Die EU-Erweiterung ist in Brüssel weiterhin auf der Tagesordnung, allerdings unter ganz anderen Bedingungen als bei den letzten Erweiterungen. Die Länder an den östlichen und südöstlichen Grenzen der EU verhandeln über ihren Beitritt in einer Zeit, die von Krieg, politischer und wirtschaftlicher Unsicherheit geprägt ist.
Bei dieser Veranstaltung lassen wir den üblichen Streit über die Vor- und Nachteile der Erweiterung außen vor und konzentrieren uns stattdessen auf die Spannungen und Zielkonflikte, die damit einhergehen.
Wir fragen: Welche Art von wirtschaftlichem Wandel bringt der EU-Beitritt tatsächlich mit sich? Funktioniert die Kohäsionspolitik wirklich, oder führt die Integration zu einer Abhängigkeit von stärkeren Volkswirtschaften?
Auch mit den politischen Dimension befassen wir uns: Stärkt der Beitrittsprozess die Demokratie, oder besteht die Gefahr, dass bestehende Machtstrukturen durch EU-Institutionen ersetzt werden, die selbst unter einem Demokratiedefizit leiden?
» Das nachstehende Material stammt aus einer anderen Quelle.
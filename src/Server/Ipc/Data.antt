-- ===== src/Server/Ipc/Data.antt =====
-- Where the data of a write goes: the byte of count `t` stands in the cell `t` modulo the capacity.
use k230_lr2021_radio.Prelude.{
  ℕ, ◌+◌, ◌-◌, ◌%◌, ◌≡◌, ◌≤◌, ◌<◌, ◌⊎◌, inl, inr, ◌∙◌, ap, List, arith, get_or, length,
}
use k230_lr2021_radio.Server.Parser.{Bytes}
use k230_lr2021_radio.Server.Ipc.{write_bytes, write_data}
use k230_lr2021_radio.Server.Ipc.Headers.{
  write_bytes_inside, write_bytes_front, write_bytes_outside,
}

module _ (base head : ℕ) (buf : List ℕ) (f : Bytes) (short : length buf ≤ 65520) where
  pub write_data_whole :
      head % 65520 + length buf ≤ 65520
      → write_data base head buf f ≡ write_bytes (base + 16 + head % 65520) buf 0 (length buf) f
  unfolding write_data
  write_data_whole fits = ground arith

  write_data_split :
      65520 < head % 65520 + length buf
      → write_data base head buf f
        ≡ write_bytes
            (base + 16)
            buf
            (65520 - head % 65520)
            (length buf - (65520 - head % 65520))
            (write_bytes (base + 16 + head % 65520) buf 0 (65520 - head % 65520) f)
  unfolding write_data
  write_data_split over = ground arith

  fits_or_over : (head % 65520 + length buf ≤ 65520) ⊎ (65520 < head % 65520 + length buf)
  fits_or_over = ground arith

  -- The bytes go to the cells from count `head` on.
  pub write_data_new :
      (k : ℕ)
      → k < length buf
      → write_data base head buf f (base + 16 + (head + k) % 65520) ≡ get_or buf k 0
  write_data_new k h = elim fits_or_over [
    | inl fits ↦
        ap (λ g. g (base + 16 + (head + k) % 65520)) (write_data_whole fits)
        ∙ ap (write_bytes (base + 16 + head % 65520) buf 0 (length buf) f)
            {x = base + 16 + (head + k) % 65520} {y = base + 16 + head % 65520 + k} (omega arith)
        ∙ write_bytes_front (base + 16 + head % 65520) buf (length buf) f k h
    | inr over ↦
        ap (λ g. g (base + 16 + (head + k) % 65520)) (write_data_split over) ∙ elim (lower k) [
          | inl before ↦
              write_bytes_outside (base + 16) buf (65520 - head % 65520) _ _ _ (inr (omega arith))
              ∙ ap (write_bytes (base + 16 + head % 65520) buf 0 (65520 - head % 65520) f)
                  {x = base + 16 + (head + k) % 65520} {y = base + 16 + head % 65520 + k}
                  (omega arith)
              ∙ write_bytes_front (base + 16 + head % 65520) buf _ f k before
          | inr behind ↦
              ap
                (write_bytes (base + 16) buf (65520 - head % 65520)
                  (length buf - (65520 - head % 65520))
                  (write_bytes (base + 16 + head % 65520) buf 0 (65520 - head % 65520) f))
                {x = base + 16 + (head + k) % 65520} {y = base + 16 + (k - (65520 - head % 65520))}
                (omega arith)
              ∙ write_bytes_inside (base + 16) buf (65520 - head % 65520) _ _
                  (k - (65520 - head % 65520)) (omega arith)
              ∙ ap (λ i. get_or buf i 0) {x = 65520 - head % 65520 + (k - (65520 - head % 65520))}
                  {y = k} (omega arith)
        ]
  ]
    where
      lower : (k : ℕ) → (k < 65520 - head % 65520) ⊎ (65520 - head % 65520 ≤ k)
      lower k = ground arith

  -- What is not written: the header, and the cells of the bytes that are not overwritten.
  pub write_data_outside :
      (j : ℕ) → (j < base + 16) ⊎ (base + 65536 ≤ j) → write_data base head buf f j ≡ f j
  write_data_outside j out = elim fits_or_over [
    | inl fits ↦
        ap (λ g. g j) (write_data_whole fits) ∙ write_bytes_outside _ buf 0 _ f j (ground arith)
    | inr over ↦
        ap (λ g. g j) (write_data_split over)
        ∙ write_bytes_outside _ buf _ _ _ j (ground arith)
        ∙ write_bytes_outside _ buf 0 _ f j (ground arith)
  ]

  pub write_data_old :
      (t : ℕ)
      → t < head
      → head + length buf ≤ t + 65520
      → write_data base head buf f (base + 16 + t % 65520) ≡ f (base + 16 + t % 65520)
  write_data_old t before free =
      let j = base + 16 + t % 65520 in
      elim fits_or_over [
        | inl fits ↦
            ap (λ g. g j) (write_data_whole fits) ∙ write_bytes_outside _ buf 0 _ f j (ground arith)
        | inr over ↦
            ap (λ g. g j) (write_data_split over)
            ∙ write_bytes_outside _ buf _ _ _ j (inr (omega arith))
            ∙ write_bytes_outside _ buf 0 _ f j (inl (omega arith))
      ]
Abschließend denken wir darüber nach: Was bedeutet die Erweiterung für Europa insgesamt? Schafft sie einen stärker vernetzten politischen Raum mit neuen Nachbarländern, oder verschiebt sie lediglich die Außengrenzen der EU weiter nach Osten und Süden?
Anstatt einfache Antworten zu geben, soll diese Diskussion einen kritischeren Dialog über die Zukunft der EU-Erweiterung und die Art von EU, die dadurch entsteht, anstoßen.
Unser Panel besteht aus folgenden Gästen:
- Anna Svetozarov (Razem Berlin)
- Artyom Stassyuk (Ukrainische Linke Initiative)
- Dorina Achelaritei (Journalistin)
- Moderation: Bartosz Frydel (Razem Berlin).
Diese Veranstaltung findet in englischer Sprache statt und ist eine Kooperation der Rosa-Luxemburg-Stiftung mit der Ukrainischen Linken Initiative.